### WORK TO COMPLETE
Please copy each line of the listing below in which the word "fits" appears.

-------

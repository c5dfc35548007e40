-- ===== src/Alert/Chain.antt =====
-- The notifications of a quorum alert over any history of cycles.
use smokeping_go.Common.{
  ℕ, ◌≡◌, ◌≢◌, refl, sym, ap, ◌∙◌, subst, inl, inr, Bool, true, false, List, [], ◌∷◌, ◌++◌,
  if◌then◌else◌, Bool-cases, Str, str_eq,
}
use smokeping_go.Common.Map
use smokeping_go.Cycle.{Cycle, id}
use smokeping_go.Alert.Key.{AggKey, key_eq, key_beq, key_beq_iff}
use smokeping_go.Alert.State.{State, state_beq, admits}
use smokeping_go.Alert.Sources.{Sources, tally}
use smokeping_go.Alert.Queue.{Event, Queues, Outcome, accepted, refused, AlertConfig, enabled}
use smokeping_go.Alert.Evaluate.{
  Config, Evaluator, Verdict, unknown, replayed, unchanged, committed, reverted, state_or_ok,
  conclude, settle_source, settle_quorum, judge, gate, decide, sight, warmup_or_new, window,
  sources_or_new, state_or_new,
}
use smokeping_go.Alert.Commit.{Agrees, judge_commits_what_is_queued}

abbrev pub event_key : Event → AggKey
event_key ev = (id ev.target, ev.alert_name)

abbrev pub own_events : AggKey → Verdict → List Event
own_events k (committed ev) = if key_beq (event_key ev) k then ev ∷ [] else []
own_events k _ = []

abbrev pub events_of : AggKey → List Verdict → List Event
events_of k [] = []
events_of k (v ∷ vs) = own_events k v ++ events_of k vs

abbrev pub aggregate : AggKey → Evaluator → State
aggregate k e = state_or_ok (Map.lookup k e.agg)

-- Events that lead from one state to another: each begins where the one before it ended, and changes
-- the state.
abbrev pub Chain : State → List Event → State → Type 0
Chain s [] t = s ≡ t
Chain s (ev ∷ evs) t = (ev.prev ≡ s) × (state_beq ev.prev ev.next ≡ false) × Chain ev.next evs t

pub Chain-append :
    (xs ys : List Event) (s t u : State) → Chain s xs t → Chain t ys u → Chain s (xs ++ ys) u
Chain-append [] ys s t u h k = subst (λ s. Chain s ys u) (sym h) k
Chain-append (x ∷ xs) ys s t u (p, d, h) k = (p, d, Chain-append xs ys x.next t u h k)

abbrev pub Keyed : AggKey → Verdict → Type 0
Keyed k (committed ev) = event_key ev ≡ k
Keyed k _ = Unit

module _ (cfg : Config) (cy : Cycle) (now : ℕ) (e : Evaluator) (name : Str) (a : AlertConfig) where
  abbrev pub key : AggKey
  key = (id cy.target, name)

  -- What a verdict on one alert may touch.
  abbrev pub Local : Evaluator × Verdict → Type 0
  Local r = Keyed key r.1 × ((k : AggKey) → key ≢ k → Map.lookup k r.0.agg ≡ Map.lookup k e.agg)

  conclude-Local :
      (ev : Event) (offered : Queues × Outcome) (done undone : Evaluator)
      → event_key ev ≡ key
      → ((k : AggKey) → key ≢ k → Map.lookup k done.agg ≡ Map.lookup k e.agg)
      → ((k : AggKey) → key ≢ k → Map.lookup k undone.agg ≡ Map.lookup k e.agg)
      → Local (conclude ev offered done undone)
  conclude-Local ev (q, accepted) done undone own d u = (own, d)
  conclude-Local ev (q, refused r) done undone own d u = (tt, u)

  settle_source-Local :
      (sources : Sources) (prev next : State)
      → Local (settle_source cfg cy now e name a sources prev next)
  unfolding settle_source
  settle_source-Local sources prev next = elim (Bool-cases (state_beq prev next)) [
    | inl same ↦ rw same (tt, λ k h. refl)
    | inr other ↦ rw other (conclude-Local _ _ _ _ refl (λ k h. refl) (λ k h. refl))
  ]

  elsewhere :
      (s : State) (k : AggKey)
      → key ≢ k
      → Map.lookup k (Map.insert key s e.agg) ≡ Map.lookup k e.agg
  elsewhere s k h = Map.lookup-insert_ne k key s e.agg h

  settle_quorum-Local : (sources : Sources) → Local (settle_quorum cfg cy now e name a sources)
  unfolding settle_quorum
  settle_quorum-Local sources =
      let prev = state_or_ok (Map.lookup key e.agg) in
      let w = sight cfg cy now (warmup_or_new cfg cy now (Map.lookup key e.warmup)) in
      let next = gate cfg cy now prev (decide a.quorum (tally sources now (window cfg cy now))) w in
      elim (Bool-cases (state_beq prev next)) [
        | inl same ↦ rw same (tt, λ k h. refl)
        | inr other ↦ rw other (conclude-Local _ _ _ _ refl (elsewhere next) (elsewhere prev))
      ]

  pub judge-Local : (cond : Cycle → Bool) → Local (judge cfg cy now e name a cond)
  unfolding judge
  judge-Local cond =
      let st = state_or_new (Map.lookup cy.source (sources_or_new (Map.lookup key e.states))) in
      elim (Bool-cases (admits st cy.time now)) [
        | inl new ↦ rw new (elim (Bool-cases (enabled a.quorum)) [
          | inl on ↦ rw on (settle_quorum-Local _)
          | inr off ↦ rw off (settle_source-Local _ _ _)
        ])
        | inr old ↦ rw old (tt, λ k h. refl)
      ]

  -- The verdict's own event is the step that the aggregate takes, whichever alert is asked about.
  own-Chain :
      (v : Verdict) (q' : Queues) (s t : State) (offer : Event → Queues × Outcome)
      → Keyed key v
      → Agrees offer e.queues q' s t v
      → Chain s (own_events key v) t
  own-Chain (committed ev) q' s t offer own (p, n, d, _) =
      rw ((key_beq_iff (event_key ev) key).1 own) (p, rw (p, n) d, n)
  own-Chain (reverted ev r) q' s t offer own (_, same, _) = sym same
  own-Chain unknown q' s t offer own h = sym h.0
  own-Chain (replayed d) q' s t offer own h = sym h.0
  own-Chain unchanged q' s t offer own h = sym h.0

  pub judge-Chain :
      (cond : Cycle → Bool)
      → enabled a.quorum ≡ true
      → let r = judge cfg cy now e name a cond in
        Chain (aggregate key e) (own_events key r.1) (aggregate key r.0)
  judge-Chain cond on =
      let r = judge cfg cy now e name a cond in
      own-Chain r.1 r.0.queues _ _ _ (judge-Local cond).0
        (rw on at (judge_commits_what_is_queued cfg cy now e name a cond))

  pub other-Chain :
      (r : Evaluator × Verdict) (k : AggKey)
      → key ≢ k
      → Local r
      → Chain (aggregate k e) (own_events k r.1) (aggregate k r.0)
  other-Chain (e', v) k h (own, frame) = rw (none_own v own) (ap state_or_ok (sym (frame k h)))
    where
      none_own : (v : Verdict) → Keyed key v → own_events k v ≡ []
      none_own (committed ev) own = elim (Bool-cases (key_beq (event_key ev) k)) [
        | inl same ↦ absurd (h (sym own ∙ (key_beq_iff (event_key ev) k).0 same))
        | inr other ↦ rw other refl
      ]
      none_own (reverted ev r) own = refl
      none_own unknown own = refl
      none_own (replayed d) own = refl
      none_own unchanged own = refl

-------

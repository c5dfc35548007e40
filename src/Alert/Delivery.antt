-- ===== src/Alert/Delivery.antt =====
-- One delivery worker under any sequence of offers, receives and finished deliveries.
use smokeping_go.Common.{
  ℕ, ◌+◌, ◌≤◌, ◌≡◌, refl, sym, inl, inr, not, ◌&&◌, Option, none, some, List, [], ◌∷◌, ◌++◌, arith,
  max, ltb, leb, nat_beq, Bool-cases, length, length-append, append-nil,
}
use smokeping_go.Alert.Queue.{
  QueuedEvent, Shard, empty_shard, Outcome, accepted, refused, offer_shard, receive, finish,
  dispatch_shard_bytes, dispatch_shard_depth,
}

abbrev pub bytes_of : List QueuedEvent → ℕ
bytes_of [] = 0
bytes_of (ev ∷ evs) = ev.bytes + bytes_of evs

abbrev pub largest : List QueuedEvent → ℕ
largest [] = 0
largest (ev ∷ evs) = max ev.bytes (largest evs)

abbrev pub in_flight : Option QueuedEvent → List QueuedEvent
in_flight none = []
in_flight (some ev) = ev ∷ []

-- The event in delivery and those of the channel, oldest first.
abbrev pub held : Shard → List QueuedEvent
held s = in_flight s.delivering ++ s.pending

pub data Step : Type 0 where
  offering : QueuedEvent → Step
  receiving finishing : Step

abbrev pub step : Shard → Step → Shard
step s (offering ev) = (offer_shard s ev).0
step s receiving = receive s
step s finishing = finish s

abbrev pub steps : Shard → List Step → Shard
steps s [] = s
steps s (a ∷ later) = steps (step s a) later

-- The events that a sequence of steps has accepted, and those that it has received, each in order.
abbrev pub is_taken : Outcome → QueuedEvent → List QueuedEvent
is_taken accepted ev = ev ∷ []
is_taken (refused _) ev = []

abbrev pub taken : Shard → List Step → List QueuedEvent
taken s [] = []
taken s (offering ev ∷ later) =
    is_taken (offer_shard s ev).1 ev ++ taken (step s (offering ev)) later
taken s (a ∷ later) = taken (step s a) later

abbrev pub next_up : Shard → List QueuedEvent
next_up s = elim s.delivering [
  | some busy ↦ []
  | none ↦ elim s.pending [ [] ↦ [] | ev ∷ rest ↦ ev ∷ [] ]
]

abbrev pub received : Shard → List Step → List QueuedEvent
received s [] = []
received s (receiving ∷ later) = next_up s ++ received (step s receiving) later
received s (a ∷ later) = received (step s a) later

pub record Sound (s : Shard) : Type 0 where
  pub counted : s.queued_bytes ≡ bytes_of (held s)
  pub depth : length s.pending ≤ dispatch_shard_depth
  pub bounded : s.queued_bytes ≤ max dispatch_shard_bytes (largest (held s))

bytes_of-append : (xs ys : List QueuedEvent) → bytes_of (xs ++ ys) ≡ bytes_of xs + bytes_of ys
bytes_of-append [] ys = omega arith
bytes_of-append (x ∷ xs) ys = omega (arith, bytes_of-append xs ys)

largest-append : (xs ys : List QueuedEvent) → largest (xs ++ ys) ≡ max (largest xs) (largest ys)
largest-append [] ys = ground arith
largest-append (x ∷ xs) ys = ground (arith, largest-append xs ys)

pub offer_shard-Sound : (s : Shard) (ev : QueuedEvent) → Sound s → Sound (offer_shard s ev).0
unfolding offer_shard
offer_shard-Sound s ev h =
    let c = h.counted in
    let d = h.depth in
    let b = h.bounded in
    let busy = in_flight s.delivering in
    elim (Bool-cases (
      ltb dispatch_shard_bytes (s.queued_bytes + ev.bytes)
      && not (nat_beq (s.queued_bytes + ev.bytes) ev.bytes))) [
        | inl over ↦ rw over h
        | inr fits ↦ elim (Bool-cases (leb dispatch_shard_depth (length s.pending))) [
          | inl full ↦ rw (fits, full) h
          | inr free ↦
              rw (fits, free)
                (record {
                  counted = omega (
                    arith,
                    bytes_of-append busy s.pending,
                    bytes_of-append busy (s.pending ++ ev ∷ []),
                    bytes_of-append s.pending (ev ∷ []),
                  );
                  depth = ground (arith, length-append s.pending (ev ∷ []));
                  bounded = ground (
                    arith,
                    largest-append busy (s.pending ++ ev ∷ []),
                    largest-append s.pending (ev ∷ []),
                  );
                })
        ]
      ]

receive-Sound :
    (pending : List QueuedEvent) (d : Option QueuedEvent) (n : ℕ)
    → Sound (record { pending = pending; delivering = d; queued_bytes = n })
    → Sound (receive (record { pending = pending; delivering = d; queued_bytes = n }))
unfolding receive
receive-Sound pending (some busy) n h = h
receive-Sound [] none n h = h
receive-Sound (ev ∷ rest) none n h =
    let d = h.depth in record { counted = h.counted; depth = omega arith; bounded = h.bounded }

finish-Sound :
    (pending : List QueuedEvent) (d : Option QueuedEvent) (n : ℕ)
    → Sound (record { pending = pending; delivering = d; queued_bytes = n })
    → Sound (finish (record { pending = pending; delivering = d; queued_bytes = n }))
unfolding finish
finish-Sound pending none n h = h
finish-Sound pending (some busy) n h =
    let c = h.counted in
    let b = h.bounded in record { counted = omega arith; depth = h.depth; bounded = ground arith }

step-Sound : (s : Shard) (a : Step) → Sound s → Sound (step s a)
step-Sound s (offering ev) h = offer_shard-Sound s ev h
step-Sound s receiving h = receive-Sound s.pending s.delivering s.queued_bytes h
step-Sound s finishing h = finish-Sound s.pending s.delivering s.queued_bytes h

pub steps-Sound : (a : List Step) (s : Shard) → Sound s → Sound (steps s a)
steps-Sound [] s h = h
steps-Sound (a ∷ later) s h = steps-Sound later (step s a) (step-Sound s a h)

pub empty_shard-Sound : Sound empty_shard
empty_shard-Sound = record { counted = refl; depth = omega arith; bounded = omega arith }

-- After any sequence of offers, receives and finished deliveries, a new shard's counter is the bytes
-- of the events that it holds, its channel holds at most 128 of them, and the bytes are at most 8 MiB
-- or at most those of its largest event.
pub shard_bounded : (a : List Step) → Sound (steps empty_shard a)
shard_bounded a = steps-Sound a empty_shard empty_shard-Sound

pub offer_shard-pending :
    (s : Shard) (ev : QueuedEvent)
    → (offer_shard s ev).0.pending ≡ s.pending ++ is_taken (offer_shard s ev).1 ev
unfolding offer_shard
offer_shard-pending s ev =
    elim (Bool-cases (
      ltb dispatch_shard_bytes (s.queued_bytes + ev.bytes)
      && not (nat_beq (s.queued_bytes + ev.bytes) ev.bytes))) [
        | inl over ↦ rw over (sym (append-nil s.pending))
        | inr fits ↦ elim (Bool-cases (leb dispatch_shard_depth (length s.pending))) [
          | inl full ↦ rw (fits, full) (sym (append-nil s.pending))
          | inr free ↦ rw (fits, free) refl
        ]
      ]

-------

### TASK OUTPUT
        | inr fits ↦ elim (Bool-cases (leb dispatch_shard_depth (length s.pending))) [
          | inl full ↦ rw (fits, full) h
              rw (fits, free)
        | inr fits ↦ elim (Bool-cases (leb dispatch_shard_depth (length s.pending))) [
          | inl full ↦ rw (fits, full) (sym (append-nil s.pending))
          | inr free ↦ rw (fits, free) refl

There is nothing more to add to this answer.